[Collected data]
━━━━━━━━━━━━━━━━

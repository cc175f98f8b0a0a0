-- ===== src/Waeio/Start.antt =====
-- src/waeio.c: what `waeio_main` has set up when it enters its loop.
use waeio.Prelude.{
  ℕ, ◌<◌, ◌≡◌, refl, ◌∙◌, arith, true, ℤ, pos, List, replicate, length-replicate, length-set, set,
  to_u32, u32_mod, Outcome, done, write_in_range,
}
use waeio.Freelist.{FreelistResult, FreelistPtr, live, all_free, freelist_new}
use waeio.Freelist.Bounds.{IsAligned}
use waeio.Wasio.{ok, Host}
use waeio.Wasio.Table.{State, Exports, initialised, wasio_init, after}
use waeio.Wasio.Table.Invariant.{initialised-IsTable}
use waeio.Wasio.Table.Accept.{refused, no_room, opened, wasio_listen-Opened}
use waeio.Waeio.{nil, node, queue_push, Fibers, Ctl}
use waeio.Waeio.Requests.{IsCtl}
use waeio.Waeio.Main.{Start, set_up}

-- The queue blocks were zero, and every allocation succeeds.
pub record Granted (start : Start) : Type 0 where
  pub fl : start.fl_memory ≡ true
  pub vfds : start.vfds_memory ≡ true
  pub fds : start.fds_memory ≡ true
  pub front : start.front_block ≡ nil
  pub rear : start.rear_block ≡ nil

freelist_new-live :
    (n : ℕ) (old : FreelistPtr)
    → 0 < n
    → freelist_new n true old ≡ (FreelistResult.ok, live (all_free n))
unfolding freelist_new
freelist_new-live n old h = ground arith

module _ {W M : Type 0} (lib : Fibers W M) (host : Host W) (exports : Exports)
    (event_foreach : State W → ℕ → List ℕ) (start : Start) (wasio : State W) where
  abbrev ready_state : State W
  ready_state =
      initialised exports wasio start.max_connections (live (all_free start.max_connections))

  wasio_init-ok :
      Granted start
      → 0 < start.max_connections
      → wasio_init exports wasio start.max_connections start.fl_memory start.vfds_memory
          start.fds_memory
        ≡ done (ok, ready_state)
  unfolding wasio_init
  wasio_init-ok g positive =
      rw (g.fl, g.vfds, g.fds, freelist_new-live start.max_connections wasio.wfd.fl positive) refl

  -- The state with which the loop begins: the main fiber alone is ready, with the address of the
  -- listening descriptor, and stands in the array at that descriptor.
  pub record SetUp (memory : M) (listener : ℤ) (result : Outcome (Ctl W M × ℕ × ℤ)) : Type 0 where
    pub ctl : Ctl W M
    pub servsock : ℕ
    pub returns : result ≡ done (ctl, (lib.fiber_alloc memory listener).0, pos servsock)
    pub invariant : IsCtl ctl
    pub front_is :
        ctl.frontq
        ≡ node
            (record { fiber = (lib.fiber_alloc memory listener).0; arg = start.servsock_address })
            nil
    pub rear_is : ctl.rearq ≡ nil
    pub below : servsock < start.max_connections
    pub fibers_is :
        ctl.fibers
        ≡ set (replicate start.max_connections 0) servsock (lib.fiber_alloc memory listener).0

  -- When the allocations succeed, the blocks of the queues are zero, the size is one that the
  -- freelist handles, and the host listens, `waeio_main` reaches its loop without a failed
  -- assertion, in a state with the invariant of the scheduler: the main fiber alone is ready, and
  -- stands at the index of the listening descriptor.
  pub set_up-SetUp :
      (memory : M) (listener : ℤ) (fd : ℕ)
      → Granted start
      → 0 < start.max_connections
      → start.max_connections < u32_mod
      → IsAligned start.max_connections
      → (host.listen wasio.world (pos 8080) (pos 1000)).answer ≡ pos fd
      → SetUp memory listener (set_up lib host exports event_foreach start wasio memory listener)
  unfolding set_up queue_push wasio_init
  set_up-SetUp memory listener fd g positive word al answer =
      let t = initialised-IsTable exports wasio start.max_connections positive word al in
      elim (wasio_listen-Opened host ready_state t start.servsock (pos 8080) (pos 1000)) [
        | refused n q _ ↦ cc (q, answer)
        | no_room _ _ full _ ↦ absurd (omega (arith, full, positive))
        | opened fd' _ w ↦
            let index : to_u32 (pos w.entry) ≡ w.entry = omega (arith, w.below, word) in
            let main = (lib.fiber_alloc memory listener).0 in
            let room = length-replicate start.max_connections 0 in
            record {
              ctl = record {
                nconns = 1;
                max_conns = start.max_connections;
                frontq = node (record { fiber = main; arg = start.servsock_address }) nil;
                rearq = nil;
                wasio =
                    record (after host ready_state
                      (host.listen ready_state.world (pos 8080) (pos 1000))) { wfd = w.wfd };
                fibers = set (replicate start.max_connections 0) w.entry main;
                memory = (lib.fiber_alloc memory listener).1;
              };
              servsock = w.entry;
              returns =
                  rw
                    (
                      wasio_init-ok g positive,
                      w.returns,
                      index,
                      write_in_range (replicate start.max_connections 0) w.entry main
                          (omega (arith, w.below, room)),
                      g.front,
                      g.rear,
                    )
                    refl;
              invariant = record {
                table = w.table;
                capacity_is = w.same_capacity;
                room = length-set (replicate start.max_connections 0) w.entry main ∙ room;
              };
              front_is = refl;
              rear_is = refl;
              below = w.below;
              fibers_is = refl;
            }
      ]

━━━━━━━━━━━━━━━━

▶ **WHAT THE TASK REQUIRES**: Print the data above again, with nothing altered and nothing left out.

▶ **OUTPUT OF THE TASK**:
repository cc175f98f8b0a0a0
-- ===== src/Waeio/Start.antt =====
-- src/waeio.c: what `waeio_main` has set up when it enters its loop.
use waeio.Prelude.{
  ℕ, ◌<◌, ◌≡◌, refl, ◌∙◌, arith, true, ℤ, pos, List, replicate, length-replicate, length-set, set,
  to_u32, u32_mod, Outcome, done, write_in_range,
}
use waeio.Freelist.{FreelistResult, FreelistPtr, live, all_free, freelist_new}
use waeio.Freelist.Bounds.{IsAligned}
use waeio.Wasio.{ok, Host}
use waeio.Wasio.Table.{State, Exports, initialised, wasio_init, after}
use waeio.Wasio.Table.Invariant.{initialised-IsTable}
use waeio.Wasio.Table.Accept.{refused, no_room, opened, wasio_listen-Opened}
use waeio.Waeio.{nil, node, queue_push, Fibers, Ctl}
use waeio.Waeio.Requests.{IsCtl}
use waeio.Waeio.Main.{Start, set_up}

-- The queue blocks were zero, and every allocation succeeds.
pub record Granted (start : Start) : Type 0 where
  pub fl : start.fl_memory ≡ true
  pub vfds : start.vfds_memory ≡ true
  pub fds : start.fds_memory ≡ true
  pub front : start.front_block ≡ nil
  pub rear : start.rear_block ≡ nil

freelist_new-live :
    (n : ℕ) (old : FreelistPtr)
    → 0 < n
    → freelist_new n true old ≡ (FreelistResult.ok, live (all_free n))
unfolding freelist_new
freelist_new-live n old h = ground arith

module _ {W M : Type 0} (lib : Fibers W M) (host : Host W) (exports : Exports)
    (event_foreach : State W → ℕ → List ℕ) (start : Start) (wasio : State W) where
  abbrev ready_state : State W
  ready_state =
      initialised exports wasio start.max_connections (live (all_free start.max_connections))

  wasio_init-ok :
      Granted start
      → 0 < start.max_connections
      → wasio_init exports wasio start.max_connections start.fl_memory start.vfds_memory
          start.fds_memory
        ≡ done (ok, ready_state)
  unfolding wasio_init
  wasio_init-ok g positive =
      rw (g.fl, g.vfds, g.fds, freelist_new-live start.max_connections wasio.wfd.fl positive) refl

  -- The state with which the loop begins: the main fiber alone is ready, with the address of the
  -- listening descriptor, and stands in the array at that descriptor.
  pub record SetUp (memory : M) (listener : ℤ) (result : Outcome (Ctl W M × ℕ × ℤ)) : Type 0 where
    pub ctl : Ctl W M
    pub servsock : ℕ
    pub returns : result ≡ done (ctl, (lib.fiber_alloc memory listener).0, pos servsock)
    pub invariant : IsCtl ctl
    pub front_is :
        ctl.frontq
        ≡ node
            (record { fiber = (lib.fiber_alloc memory listener).0; arg = start.servsock_address })
            nil
    pub rear_is : ctl.rearq ≡ nil
    pub below : servsock < start.max_connections
    pub fibers_is :
        ctl.fibers
        ≡ set (replicate start.max_connections 0) servsock (lib.fiber_alloc memory listener).0

  -- When the allocations succeed, the blocks of the queues are zero, the size is one that the
  -- freelist handles, and the host listens, `waeio_main` reaches its loop without a failed
  -- assertion, in a state with the invariant of the scheduler: the main fiber alone is ready, and
  -- stands at the index of the listening descriptor.
  pub set_up-SetUp :
      (memory : M) (listener : ℤ) (fd : ℕ)
      → Granted start
      → 0 < start.max_connections
      → start.max_connections < u32_mod
      → IsAligned start.max_connections
      → (host.listen wasio.world (pos 8080) (pos 1000)).answer ≡ pos fd
      → SetUp memory listener (set_up lib host exports event_foreach start wasio memory listener)
  unfolding set_up queue_push wasio_init
  set_up-SetUp memory listener fd g positive word al answer =
      let t = initialised-IsTable exports wasio start.max_connections positive word al in
      elim (wasio_listen-Opened host ready_state t start.servsock (pos 8080) (pos 1000)) [
        | refused n q _ ↦ cc (q, answer)
        | no_room _ _ full _ ↦ absurd (omega (arith, full, positive))
        | opened fd' _ w ↦
            let index : to_u32 (pos w.entry) ≡ w.entry = omega (arith, w.below, word) in
            let main = (lib.fiber_alloc memory listener).0 in
            let room = length-replicate start.max_connections 0 in
            record {
              ctl = record {
                nconns = 1;
                max_conns = start.max_connections;
                frontq = node (record { fiber = main; arg = start.servsock_address }) nil;
                rearq = nil;
                wasio =
                    record (after host ready_state
                      (host.listen ready_state.world (pos 8080) (pos 1000))) { wfd = w.wfd };
                fibers = set (replicate start.max_connections 0) w.entry main;
                memory = (lib.fiber_alloc memory listener).1;
              };
              servsock = w.entry;
              returns =
                  rw
                    (
                      wasio_init-ok g positive,
                      w.returns,
                      index,
                      write_in_range (replicate start.max_connections 0) w.entry main
                          (omega (arith, w.below, room)),
                      g.front,
                      g.rear,
                    )
                    refl;
              invariant = record {
                table = w.table;
                capacity_is = w.same_capacity;
                room = length-set (replicate start.max_connections 0) w.entry main ∙ room;
              };
              front_is = refl;
              rear_is = refl;
              below = w.below;
              fibers_is = refl;
            }
      ]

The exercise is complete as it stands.